Search the listing for the word "parsed". Copy every line where it is found.
--- Data Enclosed Below ---
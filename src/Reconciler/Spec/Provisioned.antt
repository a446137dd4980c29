-- ===== src/Reconciler/Spec/Provisioned.antt =====
-- The certificate that `Provision` accepts for a spec is one that `matchesSpec` accepts.
use kmp_issuer.Base.{
  ◌≡◌, sym, ◌∙◌, Bool, true, false, ◌&&◌, [], none, some, In, In-append_left, In-append_right,
  if◌then◌else◌, is_nil, ok, map,
}
use mathlib.Core.Bool.{false≢true}
use mathlib.Core.Option.{none-ne-some}
use kmp_issuer.Text.{Bytes, equal_fold, trim_space, Unicode, str_eq_comm, is_ascii, lower_byte}
use kmp_issuer.X509.{Certificate, Platform}
use kmp_issuer.Verify.Laws.{FoldIn}
use kmp_issuer.Provision.Names.{verify_provisioned_names}
use kmp_issuer.Provision.Covered.{
  HasAltName, blank, address, dns, CoversProvisioned, verify_provisioned_names_iff,
}
use kmp_issuer.Api.Certificates.{KmpCertificateSpec}
use kmp_issuer.Reconciler.Spec.{provision_request, matches_spec}
use kmp_issuer.Reconciler.Spec.Matches.{HasAddress, matches_spec_iff}

-- `strings.EqualFold` does not depend on the order of its arguments.
abbrev pub FoldsBothWays : Unicode → Type 0
FoldsBothWays u = (s t : Bytes) → Unicode.fold_eq u s t ≡ Unicode.fold_eq u t s

fold_comm :
    (a b c d e f : Bool) → c ≡ d → e ≡ f → (if a && b then c else e) ≡ (if b && a then d else f)
fold_comm true true c d e f h k = h
fold_comm true false c d e f h k = k
fold_comm false true c d e f h k = k
fold_comm false false c d e f h k = k

equal_fold_comm :
    (u : Unicode) → FoldsBothWays u → (s t : Bytes) → equal_fold u s t ≡ equal_fold u t s
unfolding equal_fold
equal_fold_comm u h s t =
    fold_comm (is_ascii s) (is_ascii t) _ _ _ _ (str_eq_comm (map lower_byte s) (map lower_byte t))
      (h s t)

module _ (p : Platform) where
  -- A spec of which `Provision` checks all that `matchesSpec` does: it names no organization and no
  -- organizational unit, its DNS names are not empty, have no space around them and are not IP
  -- addresses, and its IP addresses are IP addresses without space around them.
  pub record IsPlain (spec : KmpCertificateSpec) : Type 0 where
    pub organization : is_nil spec.subject.organization ≡ true
    pub organizational_unit : is_nil spec.subject.organizational_unit ≡ true
    pub dns_names :
        (name : Bytes)
        → In name spec.dns_names
        → (trim_space name ≡ name) × (is_nil name ≡ false) × (Platform.parse_ip p name ≡ none)
    pub ip_addresses :
        (text : Bytes)
        → In text spec.ip_addresses
        → (ip : Bytes) × (trim_space text ≡ text)
          × (is_nil text ≡ false)
          × (Platform.parse_ip p text ≡ some ip)

  HasAltName-FoldIn :
      (leaf : Certificate) (name : Bytes)
      → (trim_space name ≡ name) × (is_nil name ≡ false) × (Platform.parse_ip p name ≡ none)
      → HasAltName p leaf name
      → FoldIn (Platform.unicode p) leaf.dns_names name
  HasAltName-FoldIn leaf name (trimmed, full, text) (blank e) =
      absurd (false≢true (sym full ∙ (rw trimmed at e)))
  HasAltName-FoldIn leaf name (trimmed, full, text) (address ip issued f e i same) =
      absurd (none-ne-some _ (sym text ∙ (rw trimmed at e)))
  HasAltName-FoldIn leaf name (trimmed, full, text) (dns f e i) = rw trimmed at i

  HasAltName-HasAddress :
      (leaf : Certificate) (text ip : Bytes)
      → trim_space text ≡ text
      → is_nil text ≡ false
      → Platform.parse_ip p text ≡ some ip
      → HasAltName p leaf text
      → HasAddress p leaf text
  HasAltName-HasAddress leaf text ip trimmed full parsed (blank e) =
      absurd (false≢true (sym full ∙ (rw trimmed at e)))
  HasAltName-HasAddress leaf text ip trimmed full parsed (address other issued f e i same) =
      (other, issued, rw trimmed at e, i, same)
  HasAltName-HasAddress leaf text ip trimmed full parsed (dns f e i) =
      absurd (none-ne-some _ (sym (rw trimmed at e) ∙ parsed))

  -- A certificate that `verifyProvisionedNames` accepts for the request of a spec is one that
  -- `matchesSpec` accepts for the spec, so that it is not requested again, where the spec names no
  -- organization and no organizational unit, its DNS names are not empty, have no space around them
  -- and are not IP addresses, and its IP addresses are such, without space; and where
  -- `strings.EqualFold` does not depend on the order of its arguments.
  pub matches_spec-provision_request :
      (spec : KmpCertificateSpec) (password : Bytes) (leaf : Certificate)
      → FoldsBothWays (Platform.unicode p)
      → IsPlain spec
      → verify_provisioned_names p (provision_request spec password) leaf ≡ ok tt
      → matches_spec p leaf spec ≡ []
  unfolding provision_request
  matches_spec-provision_request spec password leaf both plain h =
      let c : CoversProvisioned p (provision_request spec password) leaf =
        (verify_provisioned_names_iff p (provision_request spec password) leaf).0 h in
      (matches_spec_iff p leaf spec).1 (record {
        common_name =
            equal_fold_comm (Platform.unicode p) both leaf.subject.common_name spec.common_name
            ∙ c.common_name;
        dns_names = λ name i.
            HasAltName-FoldIn leaf name (plain.dns_names name i)
              (c.alt_names name (In-append_left spec.ip_addresses i));
        ip_addresses = λ text i.
            let (ip, trimmed, full, parsed) = plain.ip_addresses text i in
            HasAltName-HasAddress leaf text ip trimmed full parsed
              (c.alt_names text (In-append_right spec.dns_names i));
        organization = λ named. absurd (false≢true (sym named ∙ plain.organization));
        organizational_unit = λ named. absurd (false≢true (sym named ∙ plain.organizational_unit));
      })
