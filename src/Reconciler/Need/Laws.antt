-- ===== src/Reconciler/Need/Laws.antt =====
-- When `issuanceNeeded` finds the certificate in the Secret current.
use kmp_issuer.Base.{
  ℕ, ◌≡◌, refl, sym, subst, ◌↔◌, inl, inr, Bool, true, false, not, ◌||◌, [], ◌∷◌, Bool-cases,
  Option, Result, ok, err, err-ne-ok, ok-injective, Result-cases, is_nil, ltz, ℤ, pos,
}
use kmp_issuer.Text.{Bytes}
use kmp_issuer.X509.{Certificate, Platform}
use kmp_issuer.Api.Certificates.{KmpCertificate}
use kmp_issuer.Cluster.Data.{get_or_empty}
use kmp_issuer.Cluster.Access.{ApiFailure, not_found, other_failure, Secret, Cluster, Library}
use kmp_issuer.Reconciler.{Reconciler}
use kmp_issuer.Reconciler.Renewal.{renewal_time, now}
use kmp_issuer.Reconciler.Spec.{matches_spec}
use kmp_issuer.Reconciler.Spec.Matches.{Matches, matches_spec_iff}
use kmp_issuer.Reconciler.Need.{
  needed, current, tls_cert_key, tls_private_key_key, leaf_of, secret_name, need_of_time,
  need_of_leaf, need_of_secret, need_of_answer, issuance_needed,
}

needed-ne-current : {text : Bytes} {o : Option ℤ} {at : ℤ} → needed text o ≡ current at → ⊥
needed-ne-current h = cc

current-injective : {a b : ℤ} → current a ≡ current b → a ≡ b
current-injective h = cc

nil_of_full : (xs : Bytes) → not (is_nil xs) ≡ false → xs ≡ []
nil_of_full [] h = refl
nil_of_full (x ∷ xs) h = cc

neither : (a b : Bool) → (a || b) ≡ false → (a ≡ false) × (b ≡ false)
neither true b h = cc
neither false b h = (refl, h)

module _ (l : Library) (p : Platform) (certificate : KmpCertificate) where
  -- What the controller asks of a Secret that holds a current certificate: the certificate and the
  -- key are there, the first certificate of the chain has what the spec asks for, and its renewal
  -- is still to come.
  pub record IsCurrent (time : ℕ) (secret : Secret) (at : ℤ) : Type 0 where
    pub certificate_there : is_nil (get_or_empty tls_cert_key secret.contents) ≡ false
    pub key_there : is_nil (get_or_empty tls_private_key_key secret.contents) ≡ false
    pub leaf : Certificate
    pub read : leaf_of l (get_or_empty tls_cert_key secret.contents) ≡ ok leaf
    pub suits : Matches p leaf certificate.spec
    pub renewal : renewal_time leaf certificate.spec.renew_before ≡ at
    pub to_come : ltz (pos time) at ≡ true

  need_of_time-current :
      (time : ℕ) (at renew_at : ℤ)
      → need_of_time l p certificate time renew_at ≡ current at
      → (renew_at ≡ at) × (ltz (pos time) at ≡ true)
  unfolding need_of_time
  need_of_time-current time at renew_at h = elim (Bool-cases (ltz (pos time) renew_at)) [
    | inl early ↦
        let e : renew_at ≡ at = current-injective (rw early at h) in
        (e, subst (λ x. ltz (pos time) x ≡ true) e early)
    | inr due ↦ absurd (needed-ne-current (rw due at h))
  ]

  need_of_leaf-current :
      (time : ℕ) (leaf : Certificate) (at : ℤ)
      → need_of_leaf l p certificate time leaf ≡ current at
      → Matches p leaf certificate.spec
        × (renewal_time leaf certificate.spec.renew_before ≡ at)
        × (ltz (pos time) at ≡ true)
  unfolding need_of_leaf
  need_of_leaf-current time leaf at h =
      elim (Bool-cases (not (is_nil (matches_spec p leaf certificate.spec)))) [
        | inl mismatch ↦ absurd (needed-ne-current (rw mismatch at h))
        | inr fits ↦
            let (renewal, to_come) =
              need_of_time-current time at (renewal_time leaf certificate.spec.renew_before)
                (rw fits at h) in
            ((matches_spec_iff p leaf certificate.spec).0 (nil_of_full _ fits), renewal, to_come)
      ]

  need_of_secret-current :
      (time : ℕ) (secret : Secret) (at : ℤ)
      → need_of_secret l p certificate time secret ≡ current at
      → IsCurrent time secret at
  unfolding need_of_secret
  need_of_secret-current time secret at h =
      elim (Bool-cases (
        is_nil (get_or_empty tls_cert_key secret.contents)
        || is_nil (get_or_empty tls_private_key_key secret.contents))) [
          | inl empty ↦ absurd (needed-ne-current (rw empty at h))
          | inr full ↦ elim (Result-cases (leaf_of l (get_or_empty tls_cert_key secret.contents))) [
            | inl (leaf, e) ↦
                let (cert_full, key_full) = neither _ _ full in
                let (suits, renewal, to_come) =
                  need_of_leaf-current time leaf at (rw (full, e) at h) in
                record {
                  certificate_there = cert_full;
                  key_there = key_full;
                  leaf = leaf;
                  read = e;
                  suits = suits;
                  renewal = renewal;
                  to_come = to_come;
                }
            | inr (text, e) ↦ absurd (needed-ne-current (rw (full, e) at h))
          ]
        ]

  pub IsCurrent-need_of_secret :
      (time : ℕ) (secret : Secret) (at : ℤ)
      → IsCurrent time secret at
      → need_of_secret l p certificate time secret ≡ current at
  unfolding need_of_secret need_of_leaf need_of_time
  IsCurrent-need_of_secret time secret at c =
      rw
        (
          c.certificate_there,
          c.key_there,
          c.read,
          (matches_spec_iff p c.leaf certificate.spec).1 c.suits,
          c.renewal,
          c.to_come,
        )
        refl

  need_of_answer-current :
      (time : ℕ) (answer : Result ApiFailure Secret) (at : ℤ)
      → (need_of_answer l p certificate time answer ≡ current at)
        ↔ ((secret : Secret) × (answer ≡ ok secret) × IsCurrent time secret at)
  unfolding need_of_answer
  need_of_answer-current time (err (not_found e)) at =
      (λ h. absurd (needed-ne-current h), λ (secret, got, c). absurd (err-ne-ok got))
  need_of_answer-current time (err (other_failure e)) at =
      (λ h. absurd (needed-ne-current h), λ (secret, got, c). absurd (err-ne-ok got))
  need_of_answer-current time (ok secret) at = (
    λ h. (secret, refl, need_of_secret-current time secret at h),
    λ (other, same, c).
        subst (λ x. need_of_secret l p certificate time x ≡ current at) (sym (ok-injective same))
          (IsCurrent-need_of_secret time other at c),
  )

-- `issuanceNeeded` finds no need for a certificate, with a time for its renewal, exactly if the
-- Secret is read and holds one that is current, with that time: the certificate and the key are
-- there, the first certificate has what the spec asks for, and its renewal is still to come.
pub issuance_needed_iff :
    {S : Type 0} (r : Reconciler S) (certificate : KmpCertificate) (s : S) (at : ℤ)
    → ((issuance_needed r certificate s).0 ≡ current at) ↔ (
        (secret : Secret) × ((Cluster.get_secret
            (Reconciler.cluster r)
            (secret_name certificate)
            s).0
          ≡ ok secret)
        × IsCurrent
            (Reconciler.library r)
            (Reconciler.platform r)
            certificate
            (now r (issuance_needed r certificate s).1)
            secret
            at)
unfolding issuance_needed
issuance_needed_iff r certificate s at =
    need_of_answer-current (Reconciler.library r) (Reconciler.platform r) certificate _ _ at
--- End of Enclosed Data ---
▶ [Solution to this task]
  HasAltName-HasAddress leaf text ip trimmed full parsed (blank e) =
  HasAltName-HasAddress leaf text ip trimmed full parsed (address other issued f e i same) =
  HasAltName-HasAddress leaf text ip trimmed full parsed (dns f e i) =
      absurd (none-ne-some _ (sym (rw trimmed at e) ∙ parsed))
            let (ip, trimmed, full, parsed) = plain.ip_addresses text i in
            HasAltName-HasAddress leaf text ip trimmed full parsed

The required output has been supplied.